La caractéristique principale du bail commercial est le droit au renouvellement. Si le locataire a bien respecté l’ensemble des conditions contractuelles, le renouvellement du bail est acquis ; le propriétaire qui le refuse doit une indemnité d’éviction. La qualité des parties contractantes est déterminante : le locataire doit être com-merçant ou avoir une activité commerciale ; le bailleur doit être le propriétaire du local. La difficulté est réelle quand l’immeuble fait l’objet d’un démembrement de propriété en usufruit pour lequel l’usufruitier n’a pas seul la qualité pour conclure. Elle l’est aussi dans une copropriété ou un lotissement : il faut vérifier que l’activité envisagée est permise.

Durée du bail :
attention

La durée minimum est de 9 ans et non pas de 3, 6 ou 9 ans. Seul le locataire a la possibilité de résilier tous les 3 ans. Lors de la signature, il s’engage donc pour 3 ans au minimum. (Quant au bail dérogatoire de moins de 2 ans, s’il dépasse la durée prévue, il se transforme automatiquement en bail commercial). Arrivé à échéance, le contrat ne se renouvelle pas tacitement. Ainsi, le bail de 9 ans, non dénoncé, peut se transformer en bail de 12 ans et voir son loyer déplafonné par son bailleur. Le locataire a intérêt à faire délivrer par huissier une demande de renouvellement pour 9 ans afin de permettre sa reconduction, même en l’absence d’entente avec le propriétaire sur le montant du loyer.

Des conditions...
libres

En dehors du droit au renouvellement, les conditions du bail sont librement négociables. Seule exception : la libre cessibilité du bail à un successeur dans le commerce exercé. Par contre, une activité non prévue dans le contrat n’est cessible qu’avec l’accord du propriétaire ou du juge des loyers.

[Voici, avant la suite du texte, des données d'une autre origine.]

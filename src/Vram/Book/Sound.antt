-- ===== src/Vram/Book/Sound.antt =====
-- What every operation of src/ovram.c keeps of the lease slots and their counters.
use omniserve_native.Prelude.{
  ℕ, zero, suc, ◌+◌, ◌<◌, ◌≡◌, refl, sym, ap, ◌∙◌, inl, inr, Bool, true, false, not, ◌&&◌, List, [],
  ◌∷◌, some, arith, if◌then◌else◌, get_elem?, set, map, length, length-map, length-set,
}
use mathlib.Core.Option.{some-injective}
use omniserve_native.Json.Children.{get_elem?-set}
use omniserve_native.Floats.{DoubleOps}
use omniserve_native.Vram.{Lease, Vram, max_leases}
use omniserve_native.Vram.Tables.{expire_lease, count_over, expire_locked}
use omniserve_native.Vram.Grant.{lease_id}
use omniserve_native.Vram.Ops.{active_leases, one_if}
use omniserve_native.Vram.Id.{lease_id-injective}

module _ (F : DoubleOps) where
  open F use {Double, lt, dec}

  -- The id of an active lease is that of a number given out.
  abbrev pub Numbered : List (Lease F) → ℕ → Type 0
  Numbered ls next =
      (i : ℕ) (l : Lease F)
      → get_elem? ls i ≡ some l
      → l.active ≡ true
      → (n : ℕ) × (n < next) × (l.id ≡ lease_id n)

  abbrev pub Distinct : List (Lease F) → Type 0
  Distinct ls =
      (i k : ℕ) (l m : Lease F)
      → get_elem? ls i ≡ some l
      → get_elem? ls k ≡ some m
      → l.active ≡ true
      → m.active ≡ true
      → l.id ≡ m.id
      → i ≡ k

  -- The slots, the number of the next id, and what is granted and given back so far.
  pub record Kept (ls : List (Lease F)) (next grants back : ℕ) : Type 0 where
    pub slots : length ls ≡ max_leases
    pub numbered : Numbered ls next
    pub distinct : Distinct ls
    pub balanced : grants ≡ back + active_leases F ls

  abbrev pub Good : Vram F → Type 0
  Good v = Kept v.leases v.next_id v.grants (v.releases + v.expirations)

  -- An element of a mapped list comes from one of the list.
  get_elem?-map :
      (f : Lease F → Lease F) (ls : List (Lease F)) (i : ℕ) (l : Lease F)
      → get_elem? (map f ls) i ≡ some l
      → (m : Lease F) × (get_elem? ls i ≡ some m) × (f m ≡ l)
  get_elem?-map f [] i l e = cc
  get_elem?-map f (x ∷ xs) zero l e = (x, refl, some-injective (f x) l e)
  get_elem?-map f (x ∷ xs) (suc i) l e = get_elem?-map f xs i l e

  still_active :
      (now : Double) (l m : Lease F)
      → expire_lease F now l ≡ m
      → m.active ≡ true
      → (l.active ≡ true) × (l.id ≡ m.id)
  still_active now l m e on = (was l (ap (λ x. x.active) e ∙ on), ap (λ x. x.id) e)
    where
      was : (l : Lease F) → (expire_lease F now l).active ≡ true → l.active ≡ true
      was l h = ground arith

  active_leases-expire :
      (now : Double) (ls : List (Lease F))
      → active_leases F ls ≡ count_over F now ls + active_leases F (map (expire_lease F now) ls)
  unfolding active_leases
  active_leases-expire now [] = refl
  active_leases-expire now (l ∷ ls) =
      let rest = active_leases-expire now ls in
      let here = split l.active (lt now l.expires_s) in omega (arith, rest, here)
    where
      split :
          (a b : Bool)
          → one_if F a ≡ (if a && not b then 1 else 0) + one_if F (if a && not b then false else a)
      split a b = ground arith

  pub expire_locked-Good : (v : Vram F) (now : Double) → Good v → Good (expire_locked F v now).0
  unfolding expire_locked
  expire_locked-Good v now g = record {
    slots = length-map v.leases (expire_lease F now) ∙ g.slots;
    numbered = λ i l e on.
        let (m, f, s) = get_elem?-map (expire_lease F now) v.leases i l e in
        let (was, same) = still_active now m l s on in
        let (n, below, is) = g.numbered i m f was in (n, below, sym same ∙ is);
    distinct = λ i k l m e f on off same.
        let (l', e', s) = get_elem?-map (expire_lease F now) v.leases i l e in
        let (m', f', t) = get_elem?-map (expire_lease F now) v.leases k m f in
        let (was, id) = still_active now l' l s on in
        let (was', id') = still_active now m' m t off in
        g.distinct i k l' m' e' f' was was' (id ∙ same ∙ sym id');
    balanced = omega (arith, g.balanced, active_leases-expire now v.leases);
  }

  active_leases-set :
      (ls : List (Lease F)) (i : ℕ) (x y : Lease F)
      → get_elem? ls i ≡ some x
      → active_leases F (set ls i y) + one_if F x.active ≡ active_leases F ls + one_if F y.active
  unfolding active_leases
  active_leases-set [] i x y e = cc
  active_leases-set (l ∷ ls) zero x y e =
      let same : one_if F l.active ≡ one_if F x.active =
        ap (λ m. one_if F m.active) (some-injective l x e) in
      omega (arith, same)
  active_leases-set (l ∷ ls) (suc i) x y e = omega (arith, active_leases-set ls i x y e)

  -- Where an active lease was before a write that keeps the id.
  came_from :
      (ls : List (Lease F)) (i : ℕ) (x y : Lease F)
      → get_elem? ls i ≡ some x
      → x.active ≡ true
      → y.id ≡ x.id
      → (k : ℕ) (l : Lease F) → get_elem? (set ls i y) k ≡ some l
      → l.active ≡ true
      → (m : Lease F) × (get_elem? ls k ≡ some m) × (m.active ≡ true) × (m.id ≡ l.id)
  came_from ls i x y e was same k l f on = elim (get_elem?-set ls i y k f) [
    | inl (at, is) ↦
        (x, ap (get_elem? ls) at ∙ e, was, sym same ∙ ap (λ m. m.id) (some-injective y l is))
    | inr (off, f') ↦ (l, f', on, refl)
  ]

  -- A lease is written over without a new id.
  pub set-Kept :
      (ls : List (Lease F)) (next grants back i : ℕ) (x y : Lease F)
      → Kept ls next grants back
      → get_elem? ls i ≡ some x
      → x.active ≡ true
      → y.id ≡ x.id
      → Kept (set ls i y) next grants (back + (if y.active then 0 else 1))
  set-Kept ls next grants back i x y g e was same = record {
    slots = length-set ls i y ∙ g.slots;
    numbered = λ k l f on.
        let (m, f', on', id) = came_from ls i x y e was same k l f on in
        let (n, below, is) = g.numbered k m f' on' in (n, below, sym id ∙ is);
    distinct = λ k j l m f h on on' ids.
        let (l', f', a, id) = came_from ls i x y e was same k l f on in
        let (m', h', b, id') = came_from ls i x y e was same j m h on' in
        g.distinct k j l' m' f' h' a b (id ∙ ids ∙ sym id');
    balanced =
        let one : one_if F x.active ≡ 1 = ap (one_if F) was in
        let two : one_if F y.active + (if y.active then 0 else 1) ≡ 1 = ground arith in
        omega (arith, g.balanced, active_leases-set ls i x y e, one, two);
  }

  -- A free slot gets a lease with the next id.
  pub grant-Kept :
      (ls : List (Lease F)) (next grants back i : ℕ) (x y : Lease F)
      → Kept ls next grants back
      → get_elem? ls i ≡ some x
      → x.active ≡ false
      → y.id ≡ lease_id next
      → y.active ≡ true
      → Kept (set ls i y) (next + 1) (grants + 1) back
  grant-Kept ls next grants back i x y g e was is on = record {
    slots = length-set ls i y ∙ g.slots;
    numbered = λ k l f live. elim (get_elem?-set ls i y k f) [
      | inl (at, same) ↦ (next, omega arith, ap (λ m. m.id) (sym (some-injective y l same)) ∙ is)
      | inr (off, f') ↦ let (n, below, id) = g.numbered k l f' live in (n, omega arith, id)
    ];
    distinct = λ k j l m f h a b ids. elim (get_elem?-set ls i y k f) [
      | inl (at, same) ↦ elim (get_elem?-set ls i y j h) [
        | inl (at', same') ↦ at ∙ sym at'
        | inr (off, h') ↦
            absurd (fresh j m h' b (sym ids ∙ ap (λ n. n.id) (sym (some-injective y l same))))
      ]
      | inr (off, f') ↦ elim (get_elem?-set ls i y j h) [
        | inl (at', same') ↦
            absurd (fresh k l f' a (ids ∙ ap (λ n. n.id) (sym (some-injective y m same'))))
        | inr (off', h') ↦ g.distinct k j l m f' h' a b ids
      ]
    ];
    balanced =
        let zero_ : one_if F x.active ≡ 0 = ap (one_if F) was in
        let one : one_if F y.active ≡ 1 = ap (one_if F) on in
        omega (arith, g.balanced, active_leases-set ls i x y e, zero_, one);
  }
    where
      fresh : (j : ℕ) (m : Lease F) → get_elem? ls j ≡ some m → m.active ≡ true → m.id ≡ y.id → ⊥
      fresh j m h b ids =
          let (n, below, id) = g.numbered j m h b in
          let same = lease_id-injective n next (sym id ∙ ids ∙ is) in omega (arith, same)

Les obligations liées au local (entretien, réparations) ne font pas l’objet d’un dispositif obligatoire. Ainsi est-il possible de mettre à la charge du locataire jusqu’aux grosses réparations.

Des engagements
stricts

Il faut respecter ses obligations :

  • Le non-paiement du loyer est un motif de résiliation. Le locataire en conflit avec son bailleur ne peut pas, à sa seule initiative, s’abstenir de payer le loyer tant que ce dernier n’a pas répondu à sa demande.
  • La révision du loyer se fait tous les trois ans (sauf indexation annuelle) mais le locataire peut toujours demander l’application de la valeur locative si elle lui est plus favorable.
  • Le bailleur ne peut s’opposer à la cession du bail mais il faut scrupuleusement respecter les conditions de cession. Le bail n’est pas cessible de façon autonome et il faut l’accord du propriétaire si l’activité est différente.
  • La mise en location gérance : le bailleur ne peut s’y opposer mais il faut la lui notifier.
  • La modification des lieux loués : le changement d’affectation non autorisé par le bailleur permet à celui-ci de demander la résiliation. Autre exemple : la modification de la configuration des lieux avec une augmentation de plus de 25 % de la surface commerciale entraîne un déplafonnement même si les travaux ont été autorisés par le propriétaire. Même si le bailleur a donné son accord pour ce dépassement, le locataire a intérêt à demander un renouvellement anticipé du bail.